First, there should be a separation of the Treasury’s finance and economy ministry functions. The Treasury has always pursued a fiscal-first strategy, ensuring the nation’s books are balanced over the medium term to avoid funding crises. This is a crucial role and requires a singular institutional focus supported by appropriate fiscal rules. But that focus has meant policies to deliver sustained growth have played second fiddle. The Treasury’s fiscal-first strategy has come at the expense of too little attention to growth and too little sustained public investment in the infrastructure and social capital needed to support it.

To break this cycle, growth should be given equal billing with fiscal sustainability as a policy objective. That can be achieved by creating a new economy ministry with an explicit growth mission. And to ensure growth is balanced geographically, this new economy ministry should be based at the Treasury’s new campus in Darlington.
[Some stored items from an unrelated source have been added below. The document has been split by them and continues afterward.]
-- ===== src/Service/Data.antt =====
-- casper_service/main.py: the tables that the service itself keeps, and how an endpoint ends.
use doc_chat_template_scc.Common.{ℕ, Bool, Option, none, some, List, String, if◌then◌else◌}
use doc_chat_template_scc.Policy.{Rule}
use doc_chat_template_scc.Service.Rates.{Attempts, check_rate_limit}

-- a row of `users`, with what the service keeps in it
pub record Account : Type 0 where
  pub id : ℕ
  pub username : String
  pub password_hash : String
  pub token_hash : Option String
  pub token_created_at : Option ℕ

pub record HostOf : Type 0 where
  pub user_id : ℕ
  pub host_id : ℕ
  pub label : String

pub record PolicyLayer : Type 0 where
  pub id : ℕ
  pub user_id : ℕ
  pub name : String

pub record LayerHost : Type 0 where
  pub policy_layer_id : ℕ
  pub host_id : ℕ

-- a row of `policy_layer_rules`; its JSON columns are the values that they hold
pub record RuleRow : Type 0 where
  pub policy_layer_id : ℕ
  pub rule : Rule

pub record Environment : Type 0 where
  pub id : ℕ
  pub user_id : ℕ
  pub name : String

pub record EnvironmentHost : Type 0 where
  pub environment_id : ℕ
  pub host_id : ℕ

pub record HostRow : Type 0 where
  pub id : ℕ
  pub routing_key : String
  pub hostname : Option String

-- a row of `host_pairings`, whose key is the first two columns
pub record PairingRow : Type 0 where
  pub routing_key : String
  pub user_id : ℕ
  pub host_id : ℕ
  pub device_token_hash : String
  pub command_key : String

-- The tables; a `…_seq` is the largest id that its table has given (AUTOINCREMENT).
pub record Store : Type 0 where
  pub accounts : List Account
  pub account_seq : ℕ
  pub hosts : List HostRow
  pub host_seq : ℕ
  pub user_hosts : List HostOf
  pub host_pairings : List PairingRow
  pub policy_layers : List PolicyLayer
  pub policy_layer_seq : ℕ
  pub layer_hosts : List LayerHost
  pub rules : List RuleRow
  pub rule_seq : ℕ
  pub environments : List Environment
  pub environment_seq : ℕ
  pub environment_hosts : List EnvironmentHost

-- the `HTTPException`s, and the error of the database that nothing catches
pub data HttpError : Type 0 where
  too_many_attempts bad_token bad_login username_taken : HttpError
  no_host no_layer no_layer_or_host layer_exists no_rule invalid_rule not_a_permutation : HttpError
  no_environment no_environment_or_host environment_exists integrity_error : HttpError

-- the HTTP status of each
pub status_code : HttpError → ℕ
status_code too_many_attempts = 429
status_code bad_token = 401
status_code bad_login = 401
status_code username_taken = 409
status_code no_host = 404
status_code no_layer = 404
status_code no_layer_or_host = 404
status_code layer_exists = 409
status_code no_rule = 404
status_code invalid_rule = 422
status_code not_a_permutation = 400
status_code no_environment = 404
status_code no_environment_or_host = 404
status_code environment_exists = 409
status_code integrity_error = 500

pub data Reply (A : Type 0) : Type 0 where
  returned : A → Reply A
  raised : HttpError → Reply A

-- A request: `get_db` commits what it wrote if it returns, and nothing if it raises.
abbrev pub Request : Type 0 → Type 0
Request A = Store → Reply (A × Store)

infixl 5 ◌>>=◌ ◌>>◌
abbrev pub ◌>>=◌ : {A B : Type 0} → Request A → (A → Request B) → Request B
◌>>=◌ m f db = elim (m db) [ returned (a, db') ↦ f a db' | raised e ↦ raised e ]

abbrev pub ◌>>◌ : {A B : Type 0} → Request A → Request B → Request B
m >> k = m >>= λ _. k

module _ {A : Type 0} where
  abbrev pub pure : A → Request A
  pure a db = returned (a, db)

  abbrev pub raise : HttpError → Request A
  raise e db = raised e

  abbrev pub gets : (Store → A) → Request A
  gets f db = returned (f db, db)

  abbrev pub found : Option A → HttpError → Request A
  found none e = raise e
  found (some a) e = pure a

abbrev pub modify : (Store → Store) → Request Unit
modify f db = returned (tt, f db)

abbrev pub raise_if : Bool → HttpError → Request Unit
raise_if b e db = if b then raised e else returned (tt, db)

-- the process: the tables, and the attempts that it remembers
pub record Server : Type 0 where
  pub store : Store
  pub attempts : Attempts

module _ {A : Type 0} where
  abbrev pub commit : Reply (A × Store) → Server → Reply A × Server
  commit (returned (a, store)) s = (returned a, record s { store = store })
  commit (raised e) s = (raised e, s)

  abbrev pub admit : Option Attempts → Request A → Server → Reply A × Server
  admit none request s = (raised too_many_attempts, s)
  admit (some attempts) request s = commit (request s.store) (record s { attempts = attempts })

  -- an endpoint that calls `check_rate_limit` first
  unfoldable pub limited : ℕ → String → Request A → Server → Reply A × Server
  unfolding check_rate_limit
  limited now ip request s = admit (check_rate_limit now ip s.attempts) request s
Past attempts to shift the UK’s growth focus away from the Treasury ran aground politically, which tells us that no growth plan can survive without buy-in from both the first lord of the Treasury (the prime minister) and the Treasury itself. Responsibility for the UK’s national growth mission should sit, statutorily, with a tripartite body comprising the prime minister, chancellor and economy minister. The PM would have the casting vote in the event of a trade-off, or stand-off, arising between fiscal and growth objectives.
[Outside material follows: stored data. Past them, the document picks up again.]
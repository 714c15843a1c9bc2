-- ===== src/Service/Accounts.antt =====
-- casper_service/main.py: accounts and the tokens of their sessions.
-- A header, like a token, is the list of its code points. The digest of `hashlib` is the parameter
-- `hash_token`; the two functions on bcrypt are parameters as well, and so is what is drawn.
use doc_chat_template_scc.Common.{
  ℕ, suc, Bool, false, not, Option, none, some, List, [], ◌∷◌, ◌++◌, String, codes, if◌then◌else◌,
  ◌==◌, is_some, first, update, str_eq, nocase_eq,
}
use doc_chat_template_scc.Trust.Invites.{lstrip, rstrip, is_nil}
use doc_chat_template_scc.Service.Data.{
  Account, Store, bad_token, bad_login, username_taken, Reply, Request, ◌>>=◌, ◌>>◌, pure, gets,
  found, modify, raise_if, Server, limited,
}

-- `s.removeprefix(prefix)`
abbrev pub strip_prefix : List ℕ → List ℕ → Option (List ℕ)
strip_prefix [] s = some s
strip_prefix (c ∷ prefix) [] = none
strip_prefix (c ∷ prefix) (d ∷ s) = if c == d then strip_prefix prefix s else none

abbrev pub or_same : List ℕ → Option (List ℕ) → List ℕ
or_same s none = s
or_same s (some rest) = rest

unfoldable pub remove_prefix : List ℕ → List ℕ → List ℕ
remove_prefix prefix s = or_same s (strip_prefix prefix s)

-- `authorization.removeprefix("Bearer ").strip()`
unfoldable pub bearer : List ℕ → List ℕ
unfolding remove_prefix lstrip rstrip
bearer authorization = rstrip (lstrip (remove_prefix (codes "Bearer ") authorization))

-- `token_hash = ?`
abbrev pub is_token : String → Option String → Bool
is_token h none = false
is_token h (some t) = str_eq t h

abbrev pub has_token : String → Account → Bool
has_token h a = is_token h a.token_hash

pub record Session : Type 0 where
  pub username : String
  pub token : List ℕ

abbrev pub username_of : Option Account → Option String
username_of none = none
username_of (some a) = some a.username

abbrev pub id_of : Option Account → Option ℕ
id_of none = none
id_of (some a) = some a.id

abbrev pub by_name : String → Store → Option Account
by_name username db = first (λ (a : Account). nocase_eq a.username username) db.accounts

abbrev pub insert_account : String → String → Store → Store
insert_account username password_hash db = record db {
  account_seq = suc db.account_seq;
  accounts =
      db.accounts
      ++ (record {
        id = suc db.account_seq;
        username = username;
        password_hash = password_hash;
        token_hash = none;
        token_created_at = none;
      })
        ∷ [];
}

abbrev pub renew : String → ℕ → Account → Account
renew h now a = record a { token_hash = some h; token_created_at = some now }

-- `UPDATE users SET token_hash = ?, token_created_at = ? WHERE id = ?`
abbrev pub set_token : ℕ → String → ℕ → Store → Store
set_token user_id h now db = record db {
  accounts = update (λ (a : Account). a.id == user_id) (renew h now) db.accounts;
}

module _ (hash_token : List ℕ → String) where
  abbrev pub by_token : List ℕ → Store → Option Account
  by_token token db = first (has_token (hash_token token)) db.accounts

  -- `issue_token`, with the token that it draws
  unfoldable pub issue_token : ℕ → ℕ → List ℕ → Request Unit
  issue_token user_id now token = modify (set_token user_id (hash_token token) now)

  -- `verify`
  unfoldable pub verify : List ℕ → Store → Option String
  unfolding bearer
  verify authorization db =
      let token = bearer authorization in
      if is_nil token then none else username_of (by_token token db)

  -- `revoke`
  unfoldable pub revoke : List ℕ → Request Unit
  unfolding bearer
  revoke authorization =
      let token = bearer authorization in
      if is_nil token
      then pure tt
      else modify λ db. record db {
        accounts =
            update (has_token (hash_token token)) (λ (a : Account). record a { token_hash = none })
              db.accounts;
      }

  -- `_resolve_user_id`
  unfoldable pub resolve_user_id : List ℕ → Store → Option ℕ
  unfolding bearer
  resolve_user_id authorization db =
      let token = bearer authorization in if is_nil token then none else id_of (by_token token db)

  -- the first two statements of an endpoint for signed-in users
  unfoldable pub signed_in : List ℕ → Request ℕ
  unfolding resolve_user_id
  signed_in authorization db = found (resolve_user_id authorization db) bad_token db

  module _ (hash_password : String → String → String) where
    unfoldable pub create_account : String → String → String → ℕ → List ℕ → Request Session
    unfolding issue_token
    create_account username password salt now token = do
      existing ← gets (by_name username)
      raise_if (is_some existing) username_taken
      modify (insert_account username (hash_password salt password))
      id ← gets (λ db. db.account_seq)
      issue_token id now token
      pure (record { username = username; token = token })

    -- `signup`, with the salt and the token that it draws
    unfoldable pub signup :
        String → String → String → String → ℕ → List ℕ → Server → Reply Session × Server
    unfolding limited create_account
    signup ip username password salt now token =
        limited now ip (create_account username password salt now token)

  module _ (check_password : String → String → Bool) where
    unfoldable pub open_session : String → String → ℕ → List ℕ → Request Session
    unfolding issue_token
    open_session username password now token = do
      row ← gets (by_name username)
      a ← found row bad_login
      raise_if (not (check_password password a.password_hash)) bad_login
      issue_token a.id now token
      pure (record { username = a.username; token = token })

    -- `login`, with the token that it draws
    unfoldable pub login : String → String → String → ℕ → List ℕ → Server → Reply Session × Server
    unfolding limited open_session
    login ip username password now token = limited now ip (open_session username password now token)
To give this body the support it would need to design and deliver a growth plan, a high-powered secretariat of independent experts should be created, modelled on the US Council of Economic Advisors. This would mean that analytical, as well as policy decision-making, powers were no longer centralised in the Treasury.

The second, complementary act of power-shifting should be through a full-throated commitment to devolution, both of local spending and taxation. Existing proposals from both main UK parties, while pointing in the right direction, are incremental shifts from a heavily centralised starting point that again makes Britain an international outlier. To harvest the full fruits of local growth, power-sharing needs to be far bolder.

That means redrawing the terms of existing devolution deals for Wales, Scotland, London and, in time, Northern Ireland, as well as empowering the English regions. To bridge any emerging gap between local powers and responsibilities, stronger accountability devices would be needed for the UK’s nations and regions. Among these, I see an important role for citizens assemblies in keeping local leaders’ decisions attuned to the public’s needs.

It would be naive to think shifting powers alone would be sufficient to kick-start UK growth. But bold governance shifts like this are necessary conditions for stirring it from its slumber. The next government, by giving power generously, could ensure it and we all receive economically in the years ahead.